# Logitech G502 Problem mit der Beleuchtung



## SteffenRoeder (18. Januar 2017)

Hallo,  ich habe eim Problem mit der Beleuchtung meiner Maus Logitech G502.  Über den Treiber lässt sich die Beleuchtung ausschalten,  was ich auch getan habe. Doch jedes mal wenn ich z.B. in BF1 spawne fängt das Logitech Logo an zu leuchten,  obwohl in den Treibern immernoch angezeigt wird,  dass es aus sei. Dann Hilft nur noch ein An/Aus schalten und dann ist es kurzzeitug wieder aus. Sobald ich aber wieder BF1 öffne fängt es nach kurzer Zeit wieder an zu leuchten. 

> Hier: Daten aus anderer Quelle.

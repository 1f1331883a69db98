-- ===== src/Source/Tests.antt =====
-- The theorems on the source at concrete answers of PAL and of PulseAudio.
use audioreach_pulseaudio_pl.Source.Reconfigured.{Outcome, reconfigure-Outcome}
use mathlib.Core.Path.{ap}
use audioreach_pulseaudio_pl.Formats.{encoding_pcm, get_pal_format}
use audioreach_pulseaudio_pl.Source.Lifecycle.{IsValid, IsValidData}
use audioreach_pulseaudio_pl.Source.Reconfigure.{
  with_in_media, PaSource, Pulse, reconfigure, restart_pal_source, prepared_pal, requested_map,
  requested_spec,
}
use audioreach_pulseaudio_pl.Channel.{
  ChannelMap, channel_map_to_pal, front_left, pal_position, to_pal_from,
}
use audioreach_pulseaudio_pl.Source.Leak.{restart_leaks, start_leaks}
use audioreach_pulseaudio_pl.Source.Announce.{Apart, connect_inputs_lem, flagged}
use audioreach_pulseaudio_pl.Source.Steps.{
  Reach-safe_source, change_state, here, next, set_source_state_returns,
}
use audioreach_pulseaudio_pl.Pal.Live.{live, safe}
use audioreach_pulseaudio_pl.Sink.Rates.{SampleSpec, s16le, s32le}
use audioreach_pulseaudio_pl.Pal.Examples.{refuses_buffer_size, some_formats, some_info, working}
use audioreach_pulseaudio_pl.Source.Ports.{
  plug_aux_digital, plug_hdmi, plug_headset, connect_inputs,
}
use audioreach_pulseaudio_pl.Sink.{PortDeviceData, SinkStates, no_event}
use audioreach_pulseaudio_pl.Base.{
  [], false, inl, mem, none, pos, refl, some, true, ℤ, ◌==◌, ◌∷◌, ◌≡◌, length, ◌∙◌, negsuc,
}
use audioreach_pulseaudio_pl.Source.{
  Source, SourceData, freed, open_pal_source, present, set_source_state, source_start,
}
use audioreach_pulseaudio_pl.Pal.{
  History, MediaConfig, Pal, audio_input, deep_buffer, in_hdmi, in_speaker_mic, in_wired_headset,
  no_loopback, stream_open,
}

abbrev config : MediaConfig
config = record { sample_rate = 48000; bit_width = 16; aud_fmt_id = 1; ch_info = some_info }

abbrev fresh_source : Source
fresh_source = record {
  stream_handle = none;
  stream_attributes = record {
    stream_type = deep_buffer;
    loopback_type = no_loopback;
    direction = audio_input;
    in_media_config = config;
    out_media_config = config;
  };
  pal_device = record { id = in_speaker_mic; config = config; custom_key = "" };
  buffer_size = 1024;
  buffer_count = 4;
  standby = true;
  dynamic_usecase = false;
  source_event_id = no_event;
  pal_source_opened = false;
}

-- Of the states, 0 is the initial one, 1 a running one, 2 suspended and 3 unlinked.
abbrev states : SinkStates
states = record {
  init = 0;
  suspended = 2;
  unlinked = 3;
  is_opened = λ n. n == 1;
  is_running = λ n. n == 1;
}

closed-IsValid : (p : Pal) → IsValid p fresh_source []
closed-IsValid p = record {
  handle_live = inl refl;
  opened_stored = inl refl;
  started_opened = inl refl;
}

started :
    set_source_state working states 0 1 (present fresh_source) []
    ≡ some (source_start working fresh_source [])
unfolding set_source_state
started = refl

Reach-safe_source_example :
    let (r1, d1, t1) = source_start working fresh_source [] in
    IsValidData working d1 t1 × (safe working t1 ≡ true)
Reach-safe_source_example =
    Reach-safe_source working states (present fresh_source) [] (closed-IsValid working)
      (next here (change_state 0 1 (source_start working fresh_source []).0 started))

set_source_state_returns_example :
    (r : ℤ) × (d : SourceData) × (t' : History) × (set_source_state refuses_buffer_size states 0 1
        (present fresh_source)
        []
      ≡ some (r, d, t'))
    × IsValidData refuses_buffer_size d t'
set_source_state_returns_example =
    set_source_state_returns refuses_buffer_size states 0 1 fresh_source []
      (closed-IsValid refuses_buffer_size)

start_leaks_example :
    ((source_start refuses_buffer_size fresh_source []).0 ≡ negsuc 21)
    × ((source_start refuses_buffer_size fresh_source []).1 ≡ freed true)
    × (mem 0 (live refuses_buffer_size (source_start refuses_buffer_size fresh_source []).2) ≡ true)
start_leaks_example =
    start_leaks refuses_buffer_size states fresh_source [] refl refl refl refl here

-- The source that a first new format leaves.
abbrev idle_source : Source
idle_source = record fresh_source { stream_handle = some 0; pal_source_opened = true }

abbrev one_open : History
one_open = stream_open idle_source.stream_attributes (idle_source.pal_device ∷ []) ∷ []

abbrev pub spec : SampleSpec
spec = record { rate = 44100; channels = 2; format = s16le }

abbrev pub stereo : ChannelMap
stereo = record { channels = 2; positions = λ i. front_left }

abbrev rated_source : Source
rated_source =
    with_in_media
      (record config { sample_rate = 44100; ch_info = (channel_map_to_pal stereo some_info).1 })
      idle_source

reopened :
    restart_pal_source working some_formats 7 0 encoding_pcm spec stereo idle_source one_open
    ≡ some (open_pal_source working rated_source one_open)
unfolding restart_pal_source get_pal_format channel_map_to_pal to_pal_from pal_position
reopened = refl

opened_again : (open_pal_source working rated_source one_open).0 ≡ pos 0
unfolding open_pal_source
opened_again = refl

second_format :
    let (r, s', t') = open_pal_source working rated_source one_open in
    (s'.stream_handle ≡ some 1) × (mem 0 (live working t') ≡ true)
second_format =
    let (r, s', t') = open_pal_source working rated_source one_open in
    restart_leaks working some_formats 7 0 0 encoding_pcm spec stereo idle_source s' one_open t'
      refl refl refl (reopened ∙ ap (λ (c : ℤ). some (c, s', t')) opened_again)

abbrev headset : PortDeviceData
headset = record { device = in_wired_headset; is_connected = false; pal_devicepp_config = none }

abbrev hdmi : PortDeviceData
hdmi = record { device = in_hdmi; is_connected = true; pal_devicepp_config = none }

apart : Apart in_wired_headset in_hdmi
apart plug_headset h = refl
apart plug_aux_digital h = refl
apart plug_hdmi h = absurd (cc)

connect_inputs_lem_example :
    ((connect_inputs working headset hdmi []).1 ≡ flagged true headset)
    × ((connect_inputs working headset hdmi []).2 ≡ flagged false hdmi)
    × (length (connect_inputs working headset hdmi []).3 ≡ 2)
connect_inputs_lem_example = connect_inputs_lem working headset hdmi [] apart

abbrev pub pulse : Pulse
pulse = record {
  sample_size = λ f. 2;
  frame_align = λ n s. n;
  init_auto = λ n. stereo;
  rounded_max = λ v. 65536;
  set_all = λ n v c. record { channels = n; values = λ i. v };
  bytes_to_usec = λ n s. n;
}

abbrev suspended_source : PaSource
suspended_source = record {
  state = 2;
  sample_spec = record { rate = 48000; channels = 1; format = s32le };
  channel_map = stereo;
  reference_volume = record { channels = 1; values = λ i. 65536 };
  fixed_latency = 25000;
}

reconfigure-Outcome_example :
    let tmp = requested_spec 7 suspended_source spec in
    Outcome working 7 suspended_source spec []
      (restart_pal_source working some_formats 7 7 encoding_pcm tmp
        (requested_map pulse 7 suspended_source spec)
        (prepared_pal pulse 7 tmp fresh_source)
        [])
      (reconfigure working states some_formats pulse 7 7 spec suspended_source fresh_source [])
reconfigure-Outcome_example =
    reconfigure-Outcome working states some_formats pulse 7 7 spec suspended_source fresh_source []
      refl refl refl refl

Ich mag es nicht besonders wenn mich etwas ablenkt sprich die Maus leuchtet,  deswegen hoffe ich,  dass ihr mir einen Tipp geben könnt.


----------



## SteffenRoeder (18. Januar 2017)

Schade,  dachte das vlt jemand eine Idee hat.


----------



## JackA (19. Januar 2017)

Schau mal ob du iewie Profile drin hast oder ne Spielerkennung


----------



## SteffenRoeder (19. Januar 2017)

Wo sehe ich eine automatische Spielerkennung?


----------



## Pedro89 (20. Januar 2017)

In den Einstellungen von LGS. 
Kannst auch alternativ mal eine ältere Version von LGS probieren, hat bei mir auch einige Bugs ausgelöscht.


----------



## Ralle@ (20. Januar 2017)

In den Einstellungen der Logitech Software

Spielintegration - Steuerung der Beleuchtung im Spiel zulassen. Da den Hacken wegnehmen und schon wird deine Einstellung nicht mehr geändert.


----------